* Directions *
Write out, unaltered, each line from the top of the records below down to the line where "HasStruct name none = Unit" appears, that line included.

***** Task data *****

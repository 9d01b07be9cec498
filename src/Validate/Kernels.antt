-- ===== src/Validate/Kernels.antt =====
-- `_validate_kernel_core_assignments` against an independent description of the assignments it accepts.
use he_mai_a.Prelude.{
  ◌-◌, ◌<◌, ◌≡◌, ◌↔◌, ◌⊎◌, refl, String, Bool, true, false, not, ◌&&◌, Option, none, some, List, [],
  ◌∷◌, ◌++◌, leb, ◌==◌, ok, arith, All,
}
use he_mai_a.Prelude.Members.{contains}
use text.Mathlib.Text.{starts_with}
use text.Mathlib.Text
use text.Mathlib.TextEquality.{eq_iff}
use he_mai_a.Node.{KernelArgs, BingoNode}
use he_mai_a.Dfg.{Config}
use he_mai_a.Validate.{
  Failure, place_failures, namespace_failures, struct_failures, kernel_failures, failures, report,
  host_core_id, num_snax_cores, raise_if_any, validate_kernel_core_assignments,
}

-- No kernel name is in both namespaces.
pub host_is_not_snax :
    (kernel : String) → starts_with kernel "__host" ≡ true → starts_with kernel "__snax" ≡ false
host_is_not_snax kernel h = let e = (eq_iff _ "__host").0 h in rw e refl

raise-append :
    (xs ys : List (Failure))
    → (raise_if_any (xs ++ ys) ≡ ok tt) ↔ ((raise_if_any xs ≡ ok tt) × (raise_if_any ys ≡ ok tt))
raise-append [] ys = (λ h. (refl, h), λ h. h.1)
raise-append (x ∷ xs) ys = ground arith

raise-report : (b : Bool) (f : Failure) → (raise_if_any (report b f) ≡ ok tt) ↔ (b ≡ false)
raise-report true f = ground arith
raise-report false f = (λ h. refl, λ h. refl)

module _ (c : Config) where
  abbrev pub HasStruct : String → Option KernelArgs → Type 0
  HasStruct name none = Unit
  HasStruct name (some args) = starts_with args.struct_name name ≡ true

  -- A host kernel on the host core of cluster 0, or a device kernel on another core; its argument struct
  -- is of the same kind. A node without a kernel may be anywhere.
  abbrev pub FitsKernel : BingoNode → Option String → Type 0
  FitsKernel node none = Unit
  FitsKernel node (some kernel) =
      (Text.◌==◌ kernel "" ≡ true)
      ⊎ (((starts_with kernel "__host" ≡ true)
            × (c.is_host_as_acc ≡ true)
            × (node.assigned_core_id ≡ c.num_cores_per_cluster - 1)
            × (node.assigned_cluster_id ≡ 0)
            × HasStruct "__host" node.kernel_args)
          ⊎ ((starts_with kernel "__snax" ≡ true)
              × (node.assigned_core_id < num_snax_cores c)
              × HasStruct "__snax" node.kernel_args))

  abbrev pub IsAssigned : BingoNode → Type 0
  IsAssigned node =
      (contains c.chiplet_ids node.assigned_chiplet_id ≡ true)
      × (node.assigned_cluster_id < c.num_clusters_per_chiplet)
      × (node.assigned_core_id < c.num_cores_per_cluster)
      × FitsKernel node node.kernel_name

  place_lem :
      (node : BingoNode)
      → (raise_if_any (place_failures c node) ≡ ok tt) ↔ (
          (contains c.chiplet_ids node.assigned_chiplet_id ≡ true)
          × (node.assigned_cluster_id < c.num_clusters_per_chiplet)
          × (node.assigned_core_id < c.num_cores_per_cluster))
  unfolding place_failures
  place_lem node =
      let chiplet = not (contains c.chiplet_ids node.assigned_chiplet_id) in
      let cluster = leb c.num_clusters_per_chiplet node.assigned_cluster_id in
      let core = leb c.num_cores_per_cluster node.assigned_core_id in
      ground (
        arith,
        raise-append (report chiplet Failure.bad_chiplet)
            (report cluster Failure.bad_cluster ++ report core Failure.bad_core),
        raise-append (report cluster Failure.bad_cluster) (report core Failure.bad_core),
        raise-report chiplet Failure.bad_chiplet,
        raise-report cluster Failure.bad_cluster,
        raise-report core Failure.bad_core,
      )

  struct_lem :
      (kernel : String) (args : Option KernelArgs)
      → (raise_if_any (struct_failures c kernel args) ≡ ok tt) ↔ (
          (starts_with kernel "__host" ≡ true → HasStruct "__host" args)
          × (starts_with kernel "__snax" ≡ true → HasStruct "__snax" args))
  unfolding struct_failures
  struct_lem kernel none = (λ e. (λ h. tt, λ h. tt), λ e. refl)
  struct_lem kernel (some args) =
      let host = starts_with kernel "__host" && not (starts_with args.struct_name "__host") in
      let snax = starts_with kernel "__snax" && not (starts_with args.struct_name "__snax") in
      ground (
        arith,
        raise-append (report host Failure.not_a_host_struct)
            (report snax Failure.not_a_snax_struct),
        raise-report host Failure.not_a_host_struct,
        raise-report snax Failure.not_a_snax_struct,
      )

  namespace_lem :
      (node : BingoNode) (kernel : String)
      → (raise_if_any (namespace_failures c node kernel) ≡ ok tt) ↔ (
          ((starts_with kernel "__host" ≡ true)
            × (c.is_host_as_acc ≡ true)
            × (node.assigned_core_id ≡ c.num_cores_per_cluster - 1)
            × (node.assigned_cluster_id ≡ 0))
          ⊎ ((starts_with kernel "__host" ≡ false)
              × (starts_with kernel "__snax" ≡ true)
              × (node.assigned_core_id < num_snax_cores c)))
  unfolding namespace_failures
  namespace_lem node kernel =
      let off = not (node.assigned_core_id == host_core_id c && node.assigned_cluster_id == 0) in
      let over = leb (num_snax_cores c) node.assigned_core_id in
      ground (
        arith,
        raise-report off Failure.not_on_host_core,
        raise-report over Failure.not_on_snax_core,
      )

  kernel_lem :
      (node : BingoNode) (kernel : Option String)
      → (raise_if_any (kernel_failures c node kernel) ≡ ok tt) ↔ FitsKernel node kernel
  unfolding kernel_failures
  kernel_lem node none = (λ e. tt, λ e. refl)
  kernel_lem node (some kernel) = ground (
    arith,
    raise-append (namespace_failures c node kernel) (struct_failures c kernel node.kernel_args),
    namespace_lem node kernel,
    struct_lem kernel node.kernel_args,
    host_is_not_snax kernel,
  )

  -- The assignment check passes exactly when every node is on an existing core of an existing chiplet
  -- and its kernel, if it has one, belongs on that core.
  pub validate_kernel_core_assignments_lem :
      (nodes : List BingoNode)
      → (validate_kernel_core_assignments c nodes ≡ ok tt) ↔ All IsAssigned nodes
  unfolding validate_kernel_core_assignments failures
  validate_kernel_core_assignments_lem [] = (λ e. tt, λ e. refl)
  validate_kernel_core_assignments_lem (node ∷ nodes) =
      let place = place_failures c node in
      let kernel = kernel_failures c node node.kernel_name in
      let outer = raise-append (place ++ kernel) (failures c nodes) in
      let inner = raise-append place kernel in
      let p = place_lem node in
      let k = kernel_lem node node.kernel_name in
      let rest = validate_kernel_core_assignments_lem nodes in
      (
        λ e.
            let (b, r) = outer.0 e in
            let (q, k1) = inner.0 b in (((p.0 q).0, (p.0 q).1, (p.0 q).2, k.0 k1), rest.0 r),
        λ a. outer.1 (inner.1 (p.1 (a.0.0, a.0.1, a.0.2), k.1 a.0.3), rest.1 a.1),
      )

*****

* Solved problem *
repository 9d01b07be9cec498
filename src/Validate/Kernels.antt
-- ===== src/Validate/Kernels.antt =====
-- `_validate_kernel_core_assignments` against an independent description of the assignments it accepts.
use he_mai_a.Prelude.{
  ◌-◌, ◌<◌, ◌≡◌, ◌↔◌, ◌⊎◌, refl, String, Bool, true, false, not, ◌&&◌, Option, none, some, List, [],
  ◌∷◌, ◌++◌, leb, ◌==◌, ok, arith, All,
}
use he_mai_a.Prelude.Members.{contains}
use text.Mathlib.Text.{starts_with}
use text.Mathlib.Text
use text.Mathlib.TextEquality.{eq_iff}
use he_mai_a.Node.{KernelArgs, BingoNode}
use he_mai_a.Dfg.{Config}
use he_mai_a.Validate.{
  Failure, place_failures, namespace_failures, struct_failures, kernel_failures, failures, report,
  host_core_id, num_snax_cores, raise_if_any, validate_kernel_core_assignments,
}

-- No kernel name is in both namespaces.
pub host_is_not_snax :
    (kernel : String) → starts_with kernel "__host" ≡ true → starts_with kernel "__snax" ≡ false
host_is_not_snax kernel h = let e = (eq_iff _ "__host").0 h in rw e refl

raise-append :
    (xs ys : List (Failure))
    → (raise_if_any (xs ++ ys) ≡ ok tt) ↔ ((raise_if_any xs ≡ ok tt) × (raise_if_any ys ≡ ok tt))
raise-append [] ys = (λ h. (refl, h), λ h. h.1)
raise-append (x ∷ xs) ys = ground arith

raise-report : (b : Bool) (f : Failure) → (raise_if_any (report b f) ≡ ok tt) ↔ (b ≡ false)
raise-report true f = ground arith
raise-report false f = (λ h. refl, λ h. refl)

module _ (c : Config) where
  abbrev pub HasStruct : String → Option KernelArgs → Type 0
  HasStruct name none = Unit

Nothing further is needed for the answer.